WHAT YOU SHOULD DO » Your answer should consist of each line below that includes the word "Modified".

MATERIAL SHOWN »
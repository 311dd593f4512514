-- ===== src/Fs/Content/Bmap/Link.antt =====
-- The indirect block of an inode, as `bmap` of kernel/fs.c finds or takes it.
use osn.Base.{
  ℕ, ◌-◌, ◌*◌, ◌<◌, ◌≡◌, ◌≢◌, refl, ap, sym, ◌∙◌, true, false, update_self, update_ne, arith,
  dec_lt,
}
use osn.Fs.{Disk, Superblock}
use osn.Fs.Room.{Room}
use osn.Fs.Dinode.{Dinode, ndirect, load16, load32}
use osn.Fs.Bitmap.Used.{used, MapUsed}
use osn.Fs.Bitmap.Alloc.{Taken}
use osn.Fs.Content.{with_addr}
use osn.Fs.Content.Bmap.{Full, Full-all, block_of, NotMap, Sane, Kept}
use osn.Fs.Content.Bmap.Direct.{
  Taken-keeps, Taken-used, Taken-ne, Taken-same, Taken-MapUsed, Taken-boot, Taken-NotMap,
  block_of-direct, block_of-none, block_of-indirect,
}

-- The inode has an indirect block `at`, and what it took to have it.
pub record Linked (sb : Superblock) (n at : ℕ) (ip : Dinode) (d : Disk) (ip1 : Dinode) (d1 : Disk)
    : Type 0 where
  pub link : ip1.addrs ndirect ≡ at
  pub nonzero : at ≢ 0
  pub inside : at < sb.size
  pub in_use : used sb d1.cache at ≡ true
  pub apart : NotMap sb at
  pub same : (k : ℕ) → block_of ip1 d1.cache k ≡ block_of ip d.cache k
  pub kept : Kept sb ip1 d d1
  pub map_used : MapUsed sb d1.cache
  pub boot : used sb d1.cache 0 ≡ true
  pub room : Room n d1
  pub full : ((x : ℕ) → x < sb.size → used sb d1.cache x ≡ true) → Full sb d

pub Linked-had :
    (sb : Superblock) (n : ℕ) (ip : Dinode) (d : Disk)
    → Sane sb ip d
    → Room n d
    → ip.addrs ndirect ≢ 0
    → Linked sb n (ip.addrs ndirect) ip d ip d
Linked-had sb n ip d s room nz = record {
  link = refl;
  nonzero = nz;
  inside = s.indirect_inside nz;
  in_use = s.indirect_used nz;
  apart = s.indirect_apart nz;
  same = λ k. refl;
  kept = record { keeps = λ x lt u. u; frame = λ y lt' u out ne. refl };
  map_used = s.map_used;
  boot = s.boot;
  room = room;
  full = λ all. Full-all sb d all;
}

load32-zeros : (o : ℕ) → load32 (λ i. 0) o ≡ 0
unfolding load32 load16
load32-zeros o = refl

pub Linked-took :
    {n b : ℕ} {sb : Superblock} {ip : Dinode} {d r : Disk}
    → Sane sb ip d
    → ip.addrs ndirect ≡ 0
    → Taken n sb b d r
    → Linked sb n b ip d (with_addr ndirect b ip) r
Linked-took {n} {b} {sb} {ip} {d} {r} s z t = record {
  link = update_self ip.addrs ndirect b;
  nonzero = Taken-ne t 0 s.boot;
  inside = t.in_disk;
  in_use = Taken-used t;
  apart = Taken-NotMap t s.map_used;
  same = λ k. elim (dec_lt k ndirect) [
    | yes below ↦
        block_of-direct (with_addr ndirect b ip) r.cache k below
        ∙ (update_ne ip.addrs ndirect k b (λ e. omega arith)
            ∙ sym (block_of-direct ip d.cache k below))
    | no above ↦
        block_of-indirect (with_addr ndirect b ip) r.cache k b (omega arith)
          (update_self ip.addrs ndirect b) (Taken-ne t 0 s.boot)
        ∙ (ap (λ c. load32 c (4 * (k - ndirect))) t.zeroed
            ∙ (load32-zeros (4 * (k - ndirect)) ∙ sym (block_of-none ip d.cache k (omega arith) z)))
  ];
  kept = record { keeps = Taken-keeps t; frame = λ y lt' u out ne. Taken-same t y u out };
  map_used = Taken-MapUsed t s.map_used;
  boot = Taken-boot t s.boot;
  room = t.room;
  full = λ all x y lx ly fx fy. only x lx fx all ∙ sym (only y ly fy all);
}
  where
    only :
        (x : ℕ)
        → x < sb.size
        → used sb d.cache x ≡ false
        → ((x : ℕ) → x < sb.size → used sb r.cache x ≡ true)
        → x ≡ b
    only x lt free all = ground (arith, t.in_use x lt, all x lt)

* * *

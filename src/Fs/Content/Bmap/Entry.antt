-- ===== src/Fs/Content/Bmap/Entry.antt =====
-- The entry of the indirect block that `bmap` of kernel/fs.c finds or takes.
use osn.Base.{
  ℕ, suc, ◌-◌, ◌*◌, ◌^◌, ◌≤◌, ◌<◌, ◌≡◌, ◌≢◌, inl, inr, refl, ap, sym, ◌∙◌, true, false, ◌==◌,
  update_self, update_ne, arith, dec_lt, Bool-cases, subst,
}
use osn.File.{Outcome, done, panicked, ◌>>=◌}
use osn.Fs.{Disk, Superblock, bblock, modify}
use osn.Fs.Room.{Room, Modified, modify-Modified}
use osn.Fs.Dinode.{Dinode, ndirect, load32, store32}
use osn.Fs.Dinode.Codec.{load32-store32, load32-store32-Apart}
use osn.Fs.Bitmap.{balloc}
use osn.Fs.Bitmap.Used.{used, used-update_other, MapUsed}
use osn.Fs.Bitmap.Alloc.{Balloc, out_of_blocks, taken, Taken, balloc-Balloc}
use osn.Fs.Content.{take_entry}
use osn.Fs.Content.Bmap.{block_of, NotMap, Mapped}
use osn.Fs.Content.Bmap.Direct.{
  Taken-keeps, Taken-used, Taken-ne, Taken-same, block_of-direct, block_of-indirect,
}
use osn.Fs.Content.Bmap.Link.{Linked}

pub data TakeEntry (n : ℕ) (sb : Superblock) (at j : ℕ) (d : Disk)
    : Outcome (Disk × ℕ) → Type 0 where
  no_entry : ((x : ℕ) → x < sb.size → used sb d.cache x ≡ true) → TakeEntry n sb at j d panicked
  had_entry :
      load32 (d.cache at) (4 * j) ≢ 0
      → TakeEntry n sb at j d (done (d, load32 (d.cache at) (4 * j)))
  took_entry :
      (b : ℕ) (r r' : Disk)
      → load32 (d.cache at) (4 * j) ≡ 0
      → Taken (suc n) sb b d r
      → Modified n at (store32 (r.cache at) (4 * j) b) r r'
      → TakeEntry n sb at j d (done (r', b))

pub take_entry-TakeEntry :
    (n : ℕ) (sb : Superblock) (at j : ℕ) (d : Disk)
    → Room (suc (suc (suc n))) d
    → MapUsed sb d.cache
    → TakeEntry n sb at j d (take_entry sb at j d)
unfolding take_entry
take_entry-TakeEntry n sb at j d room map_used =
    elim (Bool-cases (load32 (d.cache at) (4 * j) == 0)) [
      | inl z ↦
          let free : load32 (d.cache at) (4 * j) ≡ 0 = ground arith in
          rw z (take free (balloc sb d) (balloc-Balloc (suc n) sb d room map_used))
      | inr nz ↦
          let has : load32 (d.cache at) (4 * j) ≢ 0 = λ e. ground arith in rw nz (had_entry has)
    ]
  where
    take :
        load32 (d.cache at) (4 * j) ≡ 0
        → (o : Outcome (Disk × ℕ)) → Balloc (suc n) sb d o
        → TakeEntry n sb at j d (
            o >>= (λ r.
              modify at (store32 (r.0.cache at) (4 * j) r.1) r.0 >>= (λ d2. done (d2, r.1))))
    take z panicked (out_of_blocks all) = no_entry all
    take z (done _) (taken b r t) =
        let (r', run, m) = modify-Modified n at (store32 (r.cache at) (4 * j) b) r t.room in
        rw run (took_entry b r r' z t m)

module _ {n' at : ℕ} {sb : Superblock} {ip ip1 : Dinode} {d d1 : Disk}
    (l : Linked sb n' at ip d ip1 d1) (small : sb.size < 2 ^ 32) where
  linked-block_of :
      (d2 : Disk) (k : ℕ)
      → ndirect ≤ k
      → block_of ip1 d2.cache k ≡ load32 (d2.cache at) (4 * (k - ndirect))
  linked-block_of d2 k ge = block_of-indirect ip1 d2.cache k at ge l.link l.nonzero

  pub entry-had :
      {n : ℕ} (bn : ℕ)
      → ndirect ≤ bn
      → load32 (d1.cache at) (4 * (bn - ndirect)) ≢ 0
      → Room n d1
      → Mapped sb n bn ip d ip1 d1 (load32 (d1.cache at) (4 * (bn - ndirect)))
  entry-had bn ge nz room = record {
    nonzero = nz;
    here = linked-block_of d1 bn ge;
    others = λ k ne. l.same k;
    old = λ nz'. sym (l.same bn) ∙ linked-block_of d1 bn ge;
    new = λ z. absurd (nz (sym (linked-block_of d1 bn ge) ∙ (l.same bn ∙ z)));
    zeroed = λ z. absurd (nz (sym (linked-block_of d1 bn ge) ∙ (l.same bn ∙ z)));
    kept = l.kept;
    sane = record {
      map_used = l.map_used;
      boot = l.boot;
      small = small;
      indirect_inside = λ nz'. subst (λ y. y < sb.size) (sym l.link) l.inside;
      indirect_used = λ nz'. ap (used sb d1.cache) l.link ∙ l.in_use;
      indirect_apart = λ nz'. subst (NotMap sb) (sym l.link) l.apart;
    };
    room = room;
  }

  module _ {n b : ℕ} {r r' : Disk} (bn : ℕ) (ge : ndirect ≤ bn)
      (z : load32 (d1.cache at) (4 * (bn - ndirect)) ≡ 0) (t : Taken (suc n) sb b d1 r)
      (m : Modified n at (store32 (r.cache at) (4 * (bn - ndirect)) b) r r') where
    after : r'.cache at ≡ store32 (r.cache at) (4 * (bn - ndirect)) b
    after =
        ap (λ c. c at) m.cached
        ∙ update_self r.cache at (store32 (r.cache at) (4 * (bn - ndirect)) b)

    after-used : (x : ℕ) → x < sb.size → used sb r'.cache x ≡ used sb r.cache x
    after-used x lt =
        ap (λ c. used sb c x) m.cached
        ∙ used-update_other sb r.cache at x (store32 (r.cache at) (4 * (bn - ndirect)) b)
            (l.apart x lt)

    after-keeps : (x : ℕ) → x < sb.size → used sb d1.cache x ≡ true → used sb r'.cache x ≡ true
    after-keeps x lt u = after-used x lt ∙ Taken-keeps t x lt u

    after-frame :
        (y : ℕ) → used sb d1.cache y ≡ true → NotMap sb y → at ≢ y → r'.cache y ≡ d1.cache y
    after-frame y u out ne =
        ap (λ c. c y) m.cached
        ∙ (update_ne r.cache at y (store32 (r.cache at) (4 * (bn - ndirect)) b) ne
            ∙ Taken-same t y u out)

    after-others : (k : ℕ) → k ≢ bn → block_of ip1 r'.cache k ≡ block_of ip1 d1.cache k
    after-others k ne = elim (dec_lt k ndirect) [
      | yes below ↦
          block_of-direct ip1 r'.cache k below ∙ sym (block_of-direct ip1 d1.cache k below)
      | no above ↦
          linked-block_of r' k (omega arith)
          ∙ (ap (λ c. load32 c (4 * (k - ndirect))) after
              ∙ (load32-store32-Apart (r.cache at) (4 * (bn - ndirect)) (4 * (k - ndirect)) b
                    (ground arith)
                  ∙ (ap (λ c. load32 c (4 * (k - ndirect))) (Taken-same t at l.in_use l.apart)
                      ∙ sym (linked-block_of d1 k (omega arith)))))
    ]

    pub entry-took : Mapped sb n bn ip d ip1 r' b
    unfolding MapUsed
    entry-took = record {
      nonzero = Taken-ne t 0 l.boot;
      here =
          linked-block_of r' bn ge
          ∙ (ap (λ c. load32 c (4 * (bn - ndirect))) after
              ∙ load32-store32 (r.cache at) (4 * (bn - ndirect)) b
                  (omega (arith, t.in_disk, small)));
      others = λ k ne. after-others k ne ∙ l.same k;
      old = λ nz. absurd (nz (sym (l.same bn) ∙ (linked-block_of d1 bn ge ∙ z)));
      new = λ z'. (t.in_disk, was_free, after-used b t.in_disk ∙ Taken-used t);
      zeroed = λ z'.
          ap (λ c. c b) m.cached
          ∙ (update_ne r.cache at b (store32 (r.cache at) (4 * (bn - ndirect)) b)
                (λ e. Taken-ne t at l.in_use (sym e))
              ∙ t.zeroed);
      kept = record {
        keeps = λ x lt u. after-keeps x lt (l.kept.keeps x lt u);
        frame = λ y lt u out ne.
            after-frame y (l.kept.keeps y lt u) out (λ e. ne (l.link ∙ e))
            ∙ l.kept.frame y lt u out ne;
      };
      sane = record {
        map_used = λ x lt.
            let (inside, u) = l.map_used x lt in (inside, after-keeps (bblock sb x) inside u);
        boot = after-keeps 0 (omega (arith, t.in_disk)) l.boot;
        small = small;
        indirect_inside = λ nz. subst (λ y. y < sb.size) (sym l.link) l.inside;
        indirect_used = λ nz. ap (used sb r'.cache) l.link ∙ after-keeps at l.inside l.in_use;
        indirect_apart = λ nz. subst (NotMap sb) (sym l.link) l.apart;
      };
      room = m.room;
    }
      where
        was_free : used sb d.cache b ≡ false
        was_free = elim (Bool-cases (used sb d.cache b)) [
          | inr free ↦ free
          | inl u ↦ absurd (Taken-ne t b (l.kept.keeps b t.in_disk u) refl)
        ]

--

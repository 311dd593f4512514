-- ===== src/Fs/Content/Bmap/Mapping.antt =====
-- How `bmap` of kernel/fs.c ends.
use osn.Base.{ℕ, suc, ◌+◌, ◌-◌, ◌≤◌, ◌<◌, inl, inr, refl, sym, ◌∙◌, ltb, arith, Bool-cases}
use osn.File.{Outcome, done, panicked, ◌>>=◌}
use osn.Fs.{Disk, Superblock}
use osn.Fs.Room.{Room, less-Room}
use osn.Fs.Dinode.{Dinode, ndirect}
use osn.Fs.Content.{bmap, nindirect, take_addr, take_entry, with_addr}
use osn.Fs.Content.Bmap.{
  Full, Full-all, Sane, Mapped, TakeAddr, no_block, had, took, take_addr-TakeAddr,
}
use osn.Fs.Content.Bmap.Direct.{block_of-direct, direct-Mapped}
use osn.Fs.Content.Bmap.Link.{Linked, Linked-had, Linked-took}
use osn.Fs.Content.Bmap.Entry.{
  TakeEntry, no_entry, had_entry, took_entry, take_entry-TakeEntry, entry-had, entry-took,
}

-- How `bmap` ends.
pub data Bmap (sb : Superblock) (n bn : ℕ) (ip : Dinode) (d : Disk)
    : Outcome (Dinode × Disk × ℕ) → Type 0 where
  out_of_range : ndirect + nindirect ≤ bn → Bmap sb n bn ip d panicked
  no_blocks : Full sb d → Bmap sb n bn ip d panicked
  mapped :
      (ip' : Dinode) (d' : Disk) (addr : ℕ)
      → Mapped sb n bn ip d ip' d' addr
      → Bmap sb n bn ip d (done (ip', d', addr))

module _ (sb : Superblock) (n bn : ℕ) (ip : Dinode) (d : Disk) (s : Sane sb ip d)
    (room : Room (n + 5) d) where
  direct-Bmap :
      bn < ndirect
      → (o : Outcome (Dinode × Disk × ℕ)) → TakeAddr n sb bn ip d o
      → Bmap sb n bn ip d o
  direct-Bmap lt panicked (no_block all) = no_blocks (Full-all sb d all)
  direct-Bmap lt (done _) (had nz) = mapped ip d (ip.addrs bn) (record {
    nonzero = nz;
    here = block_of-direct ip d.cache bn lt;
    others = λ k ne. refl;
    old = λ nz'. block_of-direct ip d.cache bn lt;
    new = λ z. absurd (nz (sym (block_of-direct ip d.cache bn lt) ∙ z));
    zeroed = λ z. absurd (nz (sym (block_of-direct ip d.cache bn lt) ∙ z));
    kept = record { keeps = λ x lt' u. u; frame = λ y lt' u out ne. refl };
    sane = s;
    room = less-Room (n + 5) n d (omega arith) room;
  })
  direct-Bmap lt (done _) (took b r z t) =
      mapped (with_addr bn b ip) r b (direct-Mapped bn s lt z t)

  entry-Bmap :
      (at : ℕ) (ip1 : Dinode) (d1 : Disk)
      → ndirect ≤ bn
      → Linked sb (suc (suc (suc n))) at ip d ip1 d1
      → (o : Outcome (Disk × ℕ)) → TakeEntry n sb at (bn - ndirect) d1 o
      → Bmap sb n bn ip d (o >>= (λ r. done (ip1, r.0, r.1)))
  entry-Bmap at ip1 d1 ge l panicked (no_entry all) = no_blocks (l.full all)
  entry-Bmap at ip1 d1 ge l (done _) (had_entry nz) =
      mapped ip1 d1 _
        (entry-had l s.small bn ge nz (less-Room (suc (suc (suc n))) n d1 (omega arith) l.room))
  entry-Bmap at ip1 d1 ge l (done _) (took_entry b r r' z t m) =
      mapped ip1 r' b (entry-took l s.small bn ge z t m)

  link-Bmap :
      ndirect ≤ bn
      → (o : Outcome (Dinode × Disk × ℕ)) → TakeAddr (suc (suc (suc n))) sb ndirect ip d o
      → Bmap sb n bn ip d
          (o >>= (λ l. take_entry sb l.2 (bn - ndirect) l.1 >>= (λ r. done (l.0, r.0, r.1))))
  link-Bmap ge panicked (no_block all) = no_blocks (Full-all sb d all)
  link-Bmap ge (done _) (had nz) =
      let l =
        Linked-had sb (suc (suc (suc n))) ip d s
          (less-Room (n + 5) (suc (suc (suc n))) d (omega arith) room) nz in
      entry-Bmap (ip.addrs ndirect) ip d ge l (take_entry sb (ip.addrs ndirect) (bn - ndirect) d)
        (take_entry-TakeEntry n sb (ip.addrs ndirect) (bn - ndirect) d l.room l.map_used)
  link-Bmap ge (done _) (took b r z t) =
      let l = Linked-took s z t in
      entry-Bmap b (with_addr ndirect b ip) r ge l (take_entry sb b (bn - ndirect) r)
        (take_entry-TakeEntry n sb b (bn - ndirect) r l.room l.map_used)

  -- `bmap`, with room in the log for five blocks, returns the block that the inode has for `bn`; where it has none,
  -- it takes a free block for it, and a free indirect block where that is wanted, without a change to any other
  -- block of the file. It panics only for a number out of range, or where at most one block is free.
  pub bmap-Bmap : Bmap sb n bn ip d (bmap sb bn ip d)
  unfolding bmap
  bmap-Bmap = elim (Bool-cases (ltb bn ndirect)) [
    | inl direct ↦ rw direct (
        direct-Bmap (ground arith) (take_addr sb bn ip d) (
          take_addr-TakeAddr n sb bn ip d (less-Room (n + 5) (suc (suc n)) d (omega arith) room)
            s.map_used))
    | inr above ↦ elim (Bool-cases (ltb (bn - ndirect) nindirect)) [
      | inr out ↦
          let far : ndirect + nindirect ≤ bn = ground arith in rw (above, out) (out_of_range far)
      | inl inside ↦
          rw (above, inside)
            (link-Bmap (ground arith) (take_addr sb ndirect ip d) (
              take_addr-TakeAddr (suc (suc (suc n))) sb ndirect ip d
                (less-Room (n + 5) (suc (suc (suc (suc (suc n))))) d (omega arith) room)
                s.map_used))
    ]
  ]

TASK RESULT »
use osn.Fs.Room.{Room, Modified, modify-Modified}
      → Modified n at (store32 (r.cache at) (4 * j) b) r r'
        let (r', run, m) = modify-Modified n at (store32 (r.cache at) (4 * j) b) r t.room in
      (m : Modified n at (store32 (r.cache at) (4 * (bn - ndirect)) b) r r') where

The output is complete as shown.